The Senate report released yesterday states that the nonprofit groups probably violated their tax-exempt status "by laundering payments and then disbursing funds at Mr. Abramoff's direction; taking payments in exchange for writing newspaper columns or press releases that put Mr. Abramoff's clients in a favorable light; introducing Mr. Abramoff's clients to government officials in exchange for payment; and agreeing to act as a front organization for congressional trips paid for by Mr. Abramoff's clients."

Oh yeah, sitting member of Congress Bob Ney pleaded guilty to bribery charges today.

Remember, everything was going to be fine in the midterms before Mark Foley. Yeah, right.


Quick Hits

Here's a collection of some interesting stuff:

• The blogosphere is abuzz about the top British general in Iraq's assessment that the continuing presence of coalition troops in Iraq only "exacerbates the security problems" and contributes to the "moral and spiritual vacuum" that is opening up in Western society, damaging our efforts to fight Islamic extremism.

He lambasts Tony Blair's desire to forge a "liberal democracy" in Iraq as a "naive" failure and he warns that "whatever consent we may have had in the first place" from the Iraqi people "has largely turned to intolerance."

Why does Sir Richard Dannatt hate America? And Britain?

• I thought that this Dana Milbank piece was revealing.
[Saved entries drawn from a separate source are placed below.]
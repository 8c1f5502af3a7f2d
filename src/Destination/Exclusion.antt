-- ===== src/Destination/Exclusion.antt =====
-- At most one transfer holds the lock of a destination.
use axxx.Prelude.{
  ℕ, zero, suc, ◌+◌, ◌≤◌, ◌≡◌, refl, Bool, true, false, List, [], ◌∷◌, none, some, String, ◌==◌,
  ◌&&◌, string_eq, if◌then◌else◌, get_elem?, set, All, arith, Option-cases, inl, inr,
}
use axxx.Limiter.{wait_until_add}
use axxx.Destination.{
  Transfer, Locks, contains_key, delete_key, convert_case, add_key, remove_key, try_lock,
  wait_until_lock_destination, ensure_destination_unlocked,
}

pub data Action : Type 0 where
  lock : List Bool → ℕ → Action
  unlock : ℕ → Action

abbrev one_if : Bool → ℕ
one_if true = 1
one_if false = 0

counted : String → List String → ℕ
counted k [] = 0
counted k (j ∷ js) = one_if (j == k) + counted k js

counted-contains : (k : String) (js : List String) → contains_key k js ≡ false → counted k js ≡ 0
unfolding contains_key counted
counted-contains k [] h = refl
counted-contains k (j ∷ js) h = ground (arith, counted-contains k js)

counted-delete :
    (k d : String) (js : List String)
    → counted k (delete_key d js) ≡ (if d == k then 0 else counted k js)
unfolding delete_key counted
counted-delete k d [] = ground arith
counted-delete k d (j ∷ js) = ground (
  arith,
  counted-delete k d js,
  string_eq.same_iff j d,
  string_eq.same_iff j k,
  string_eq.same_iff d k,
)

module _ (equal_fold : String → String → Bool) (to_lower : String → String) where
  -- Whether the transfer holds the lock of the key.
  abbrev pub holds : Bool → String → Transfer → Bool
  holds case_sensitive k t =
      t.dest_lock_held && ((if case_sensitive then t.destination else to_lower t.destination) == k)

  unfoldable pub holders : Bool → String → List Transfer → ℕ
  holders c k [] = 0
  holders c k (t ∷ ts) = one_if (holds c k t) + holders c k ts

  holders-set :
      (c : Bool) (k : String) (ts : List Transfer) (i : ℕ) (t u : Transfer)
      → get_elem? ts i ≡ some t
      → holders c k (set ts i u) + one_if (holds c k t) ≡ holders c k ts + one_if (holds c k u)
  unfolding holders
  holders-set c k [] i t u h = cc
  holders-set c k (x ∷ ts) zero t u h = ground arith
  holders-set c k (x ∷ ts) (suc i) t u h = omega (arith, holders-set c k ts i t u h)

  -- The set has each key once for the transfer that holds it.
  abbrev Matches : String → Locks → Type 0
  Matches k s =
      (counted k s.exclusive_destination_map.keys
        ≡ holders s.exclusive_destination_map.case_sensitive k s.transfers)
      × (counted k s.exclusive_destination_map.keys ≤ 1)

  holders_pos :
      (c : Bool) (k : String) (ts : List Transfer) (i : ℕ) (t : Transfer)
      → get_elem? ts i ≡ some t
      → one_if (holds c k t) ≤ holders c k ts
  unfolding holders
  holders_pos c k [] i t h = cc
  holders_pos c k (x ∷ ts) zero t h = ground arith
  holders_pos c k (x ∷ ts) (suc i) t h = omega (arith, holders_pos c k ts i t h)

  holders_free :
      (c : Bool) (k : String) (ts : List Transfer)
      → All (λ t. t.dest_lock_held ≡ false) ts
      → holders c k ts ≡ 0
  unfolding holders
  holders_free c k [] free = refl
  holders_free c k (t ∷ ts) (none_held, free) = ground (arith, holders_free c k ts free)

  start-Matches :
      (s : Locks)
      → s.exclusive_destination_map.keys ≡ []
      → All (λ t. t.dest_lock_held ≡ false) s.transfers
      → (k : String) → Matches k s
  unfolding counted
  start-Matches s empty free k =
      let c = s.exclusive_destination_map.case_sensitive in
      ground (arith, holders_free c k s.transfers free)

  module _ (strict : ℕ → ℕ) (dev_null : String) (use_file_count_limiter : Bool) where
    try_lock-Matches :
        (i : ℕ) (t : Transfer) (s : Locks)
        → ((k : String) → Matches k s)
        → get_elem? s.transfers i ≡ some t
        → (k : String)
        → Matches k (try_lock equal_fold to_lower strict dev_null use_file_count_limiter i t s).0
    unfolding try_lock add_key convert_case counted
    try_lock-Matches i t s inv found k =
        let c = s.exclusive_destination_map.case_sensitive in
        let d = if c then t.destination else to_lower t.destination in
        let keys = s.exclusive_destination_map.keys in
        ground (
          arith,
          inv k,
          inv d,
          counted-contains d keys,
          holders-set c k s.transfers i t (record t { dest_lock_held = true }) found,
          holders_pos c d s.transfers i t found,
          string_eq.same_iff d k,
          string_eq.same_iff d d,
        )

    ensure_destination_unlocked-Matches :
        (i : ℕ) (t : Transfer) (s : Locks)
        → ((k : String) → Matches k s)
        → get_elem? s.transfers i ≡ some t
        → (k : String)
        → Matches k (
            ensure_destination_unlocked equal_fold to_lower strict dev_null use_file_count_limiter i
              t s)
    unfolding ensure_destination_unlocked remove_key convert_case
    ensure_destination_unlocked-Matches i t s inv found k =
        let c = s.exclusive_destination_map.case_sensitive in
        let d = if c then t.destination else to_lower t.destination in
        let keys = s.exclusive_destination_map.keys in
        ground (
          arith,
          inv k,
          counted-delete k d keys,
          holders-set c k s.transfers i t (record t { dest_lock_held = false }) found,
          holders_pos c k s.transfers i t found,
          string_eq.same_iff d k,
        )

    wait_until_lock_destination-Matches :
        (tries : List Bool) (i : ℕ) (t : Transfer) (s : Locks)
        → ((k : String) → Matches k s)
        → get_elem? s.transfers i ≡ some t
        → (k : String)
        → Matches k
            (wait_until_lock_destination equal_fold to_lower strict dev_null use_file_count_limiter
              tries i t s).0
    unfolding wait_until_lock_destination
    wait_until_lock_destination-Matches tries i t s inv found k =
        let s1 = record s {
          file_count_limiter = (wait_until_add strict 1 tries s.file_count_limiter).0;
        } in
        ground
          (arith, inv k, try_lock-Matches i t s inv found k, try_lock-Matches i t s1 inv found k)

    -- One transfer, given by its number, takes the lock or gives it up.
    unfoldable pub act : Action → Locks → Locks
    act (lock tries i) s = elim (get_elem? s.transfers i) [
      | none ↦ s
      | some t ↦
          (wait_until_lock_destination equal_fold to_lower strict dev_null use_file_count_limiter
            tries i t s).0
    ]
    act (unlock i) s = elim (get_elem? s.transfers i) [
      | none ↦ s
      | some t ↦
          ensure_destination_unlocked equal_fold to_lower strict dev_null use_file_count_limiter i t
            s
    ]

    unfoldable pub run : List Action → Locks → Locks
    run [] s = s
    run (a ∷ rest) s = run rest (act a s)

    act-Matches :
        (a : Action) (s : Locks) → ((k : String) → Matches k s) → (k : String) → Matches k (act a s)
    unfolding act
    act-Matches (lock tries i) s inv k = elim (Option-cases (get_elem? s.transfers i)) [
      | inl missing ↦ rw (act, missing) (inv k)
      | inr (t, found) ↦
          rw (act, found) (wait_until_lock_destination-Matches tries i t s inv found k)
    ]
    act-Matches (unlock i) s inv k = elim (Option-cases (get_elem? s.transfers i)) [
      | inl missing ↦ rw (act, missing) (inv k)
      | inr (t, found) ↦ rw (act, found) (ensure_destination_unlocked-Matches i t s inv found k)
    ]

    run-Matches :
        (actions : List Action) (s : Locks)
        → ((k : String) → Matches k s)
        → (k : String) → Matches k (run actions s)
    unfolding run
    run-Matches [] s inv k = inv k
    run-Matches (a ∷ rest) s inv k = run-Matches rest (act a s) (act-Matches a s inv) k

    -- From a state in which the set is empty and no transfer holds a lock, whatever the order in
    -- which transfers take locks and give them up, at most one transfer at a time holds the lock of
    -- a destination, up to the case of letters where the set ignores it.
    pub holders-run :
        (actions : List Action) (s : Locks) (k : String)
        → s.exclusive_destination_map.keys ≡ []
        → All (λ t. t.dest_lock_held ≡ false) s.transfers
        → let s' = run actions s in
          holders s'.exclusive_destination_map.case_sensitive k s'.transfers ≤ 1
    holders-run actions s k empty free =
        let (same, small) = run-Matches actions s (λ j. start-Matches s empty free j) k in
        omega (arith, same, small)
President Bush has always been a disciplined man, but yesterday he set a new standard for self-control: He moderated an hour-long discussion about the rash of school shootings in the past week without once mentioning the word "guns."

Wouldn't want to piss off the NRA, now, would you?

This story is purportedly about Iranian rhetoric toward the US, but it's MUCH darker than all of that, hinting in its final paragraphs at the coming wider civil war within Islam:

In his speech, Ayatollah Khamenei also accused Jordan's leader King Abdullah II of being a "dependent" spokesman for the US.

King Abdullah, a Sunni, accused Iran in 2004 of trying to create a "Shia crescent" of power from Iran to Lebanon.

The Middle East is on the precipice of a chaos that will last a decade. Better get gas for your car TODAY, because it mightn't be there to get tomorrow.

Glenn Greenwald had a good piece on the mission creep of the war on privacy. Did you know that it's now illegal to engage in a leisure activity over the Internet, in your own home, which harms no one? Not masturbation, online poker. It was tucked into a defense bill. Now, gambling is addictive and dangerous and has powerful consequences from those who get caught up in it, but regulating what is an individual activity within the home shows you just how far the war on privacy is going.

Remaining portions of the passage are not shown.